On the technical side, the RSI is at 38 as of writing, suggesting that the downside is more favored as the RSI stays below the midline. For the Bollinger Bands, the price fell from the upper band and crossed below the moving average, indicating a continuation of the downside trend. In conclusion, we think the market will be bearish as long as the 1.2585 resistance line holds. The falling RSI also reflects bear signals as the market’s focus has now shifted to the key policy announcements from the Fed and BoE on Wednesday and Thursday respectively.

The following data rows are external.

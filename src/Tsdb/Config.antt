-- ===== src/Tsdb/Config.antt =====
-- pkg/storage/tsdb/config.go: the options of the TSDBs and of the bucket stores, and their validation.
pub mod Caches
pub mod BucketCaches
pub mod CacheFlags
pub mod Flags
pub mod BucketStore
pub mod DurationList
pub mod Bits
pub mod Laws
use blockstorageingestor.Prelude.{
  ℤ, pos, negsuc, at_most, above, ℕ, zero, suc, ◌+◌, ◌-◌, ◌*◌, ◌/◌, ◌%◌, ◌^◌, ◌≤◌, ◌<◌, ◌≡◌, refl,
  sym, ap, ◌∙◌, ◌≢◌, ◌↔◌, ◌⊎◌, inl, inr, Bool, true, false, not, ◌&&◌, ◌||◌, Option, none, some,
  List, [], ◌∷◌, ◌++◌, map, append-nil, append_assoc, arith, ltb, leb, nat_beq, nat_beq_iff,
  if◌then◌else◌, Comparable, ◌==◌, nat_eq, Bool-cases, Option-cases, length, get_elem?, take, drop,
  length-append, contains, All, All-append, Lacks, select, get_elem?-append, Str, codes, str_beq,
  str_beq_iff, str_eq, str_beq_refl, str_beq-append,
}
use blockstorageingestor.Errors.{
  Error, sentinel, errorf, wrap, Result, ok, err, wrapped, ◌>>◌, invalid_ship_concurrency,
  invalid_opening_concurrency, invalid_compaction_interval, invalid_compaction_concurrency,
  invalid_wal_segment_size_bytes, invalid_stripe_size, invalid_out_of_order_cap_max,
  empty_block_ranges,
}
use blockstorageingestor.Go.FilePath.{path_join}
use blockstorageingestor.Tsdb.Config.Bits.{land}
use blockstorageingestor.Tsdb.Config.Caches.{
  CacheLibrary, IndexCacheConfig, validate_index_cache, CacheBackend, validate_cache_backend,
}

-- The bounds of the package `chunks` of Prometheus, and `%d` of `fmt`.
pub record Chunks : Type 0 where
  pub min_write_buffer_size : ℕ
  pub max_write_buffer_size : ℕ
  pub decimal : ℕ → Str

-- Durations are in nanoseconds.
pub record TsdbConfig : Type 0 where
  pub dir : Str
  pub block_ranges : List ℤ
  pub retention : ℤ
  pub ship_interval : ℤ
  pub ship_concurrency : ℤ
  pub head_compaction_interval : ℤ
  pub head_compaction_concurrency : ℤ
  pub head_compaction_idle_timeout : ℤ
  pub head_chunks_write_buffer_size : ℤ
  pub stripe_size : ℤ
  pub wal_compression_enabled : Bool
  pub wal_segment_size_bytes : ℤ
  pub flush_blocks_on_shutdown : Bool
  pub close_idle_tsdb_timeout : ℤ
  pub head_chunks_write_queue_size : ℤ
  pub max_tsdb_opening_concurrency_on_startup : ℤ
  pub keep_user_tsdb_open_on_shutdown : Bool
  pub close_idle_tsdb_interval : ℤ
  pub max_exemplars : ℤ
  pub memory_snapshot_on_shutdown : Bool
  pub out_of_order_cap_max : ℤ

-- `5*time.Minute`
abbrev pub five_minutes : ℕ
five_minutes = 5 * 60 * 1000000000

-- `z < n`, and whether Go's `z % n` is not 0
abbrev pub below : ℤ → ℕ → Bool
below (pos a) n = ltb a n
below (negsuc a) n = true

abbrev pub leaves_rest : ℤ → ℕ → Bool
leaves_rest (pos a) n = not ((a % n) == 0)
leaves_rest (negsuc a) n = not ((suc a % n) == 0)

-- `z & (z - 1) != 0` on the 64 bits of an `int`
abbrev pub shares_bits : ℤ → Bool
shares_bits (pos zero) = not (land 64 0 (2 ^ 64 - 1) == 0)
shares_bits (pos (suc a)) = not (land 64 (suc a) a == 0)
shares_bits (negsuc a) = not (land 64 (2 ^ 64 - suc a) (2 ^ 64 - suc (suc a)) == 0)

unfoldable pub is_blocks_shipping_enabled : TsdbConfig → Bool
is_blocks_shipping_enabled cfg = above cfg.ship_interval 0

unfoldable pub blocks_dir : TsdbConfig → Str → Str
blocks_dir cfg user = path_join (cfg.dir ∷ user ∷ [])

abbrev pub is_empty : List ℤ → Bool
is_empty [] = true
is_empty (x ∷ xs) = false

module _ (C : Chunks) where
  abbrev pub buffer_size_error : Error
  buffer_size_error = errorf (
      codes "head chunks write buffer size must be a multiple of 1024 between "
      ++ C.decimal C.min_write_buffer_size
      ++ codes " and "
      ++ C.decimal C.max_write_buffer_size)

  -- `(*TSDBConfig).Validate`
  unfoldable pub validate_tsdb : TsdbConfig → Result (Unit {0})
  validate_tsdb cfg =
      if above cfg.ship_interval 0 && at_most cfg.ship_concurrency 0
      then err (sentinel invalid_ship_concurrency)
      else if at_most cfg.max_tsdb_opening_concurrency_on_startup 0
      then err (sentinel invalid_opening_concurrency)
      else if at_most cfg.head_compaction_interval 0
          || above cfg.head_compaction_interval five_minutes
      then err (sentinel invalid_compaction_interval)
      else if at_most cfg.head_compaction_concurrency 0
      then err (sentinel invalid_compaction_concurrency)
      else if below cfg.head_chunks_write_buffer_size C.min_write_buffer_size
          || above cfg.head_chunks_write_buffer_size C.max_write_buffer_size
          || leaves_rest cfg.head_chunks_write_buffer_size 1024
      then err buffer_size_error
      else if at_most cfg.stripe_size 1 || shares_bits cfg.stripe_size
      then err (sentinel invalid_stripe_size)
      else if is_empty cfg.block_ranges
      then err (sentinel empty_block_ranges)
      else if at_most cfg.wal_segment_size_bytes 0
      then err (sentinel invalid_wal_segment_size_bytes)
      else if at_most cfg.out_of_order_cap_max 0
      then err (sentinel invalid_out_of_order_cap_max)
      else ok tt

module _ (R : CacheLibrary) where
  -- `(*BucketStoreConfig).Validate`, on the options that it reads
  unfoldable pub validate_bucket_store :
      IndexCacheConfig R → CacheBackend R → CacheBackend R → Result (Unit {0})
  validate_bucket_store index chunks metadata =
      wrapped (validate_index_cache R index) (codes "index-cache configuration")
      >> wrapped (validate_cache_backend R chunks) (codes "chunks-cache configuration")
      >> wrapped (validate_cache_backend R metadata) (codes "metadata-cache configuration")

Resistance: 1.2585, 1.2761, 1.3071

Support: 1.2430

USDCAD (4-Hour Chart)

As the risk-off mood lent some support to the safe-haven US dollar today, USD/CAD gained upside traction and extended its rally to a 2022 top. The pair was flirting around the 1.284 to 1.288 area most of the day, then touched a daily high above the 1.2900 mark in the early American session. USD/CAD is trading at 1.2892 at the time of writing, rising 0.27% on a daily basis. The concerns about China’s Covid-19 spread has weighed on market sentiment and pushed the greenback higher, as Shanghai reported 58 new cases and restrictions threaten to be imposed once again. On top of that, retreating crude oil prices also undermined the commodity-linked Loonie and acted as a tailwind for the USD/CAD pair. WTI now hovers around the $104.00 per barrel area. Meanwhile the oil demand in China is expected to decrease after weak economic data.

On the technical side, the RSI is at 62 as of writing, suggesting that upside is more favored as the RSI stays above the midline. As for the Bollinger Bands, the price rose from the lower band and crossed above the MA line. Therefore, the upper band has become the profit target. In conclusion, we think the market will be bullish as the pair is testing the 1.2882 resistance, a sustained strength above that level should favor the bulls.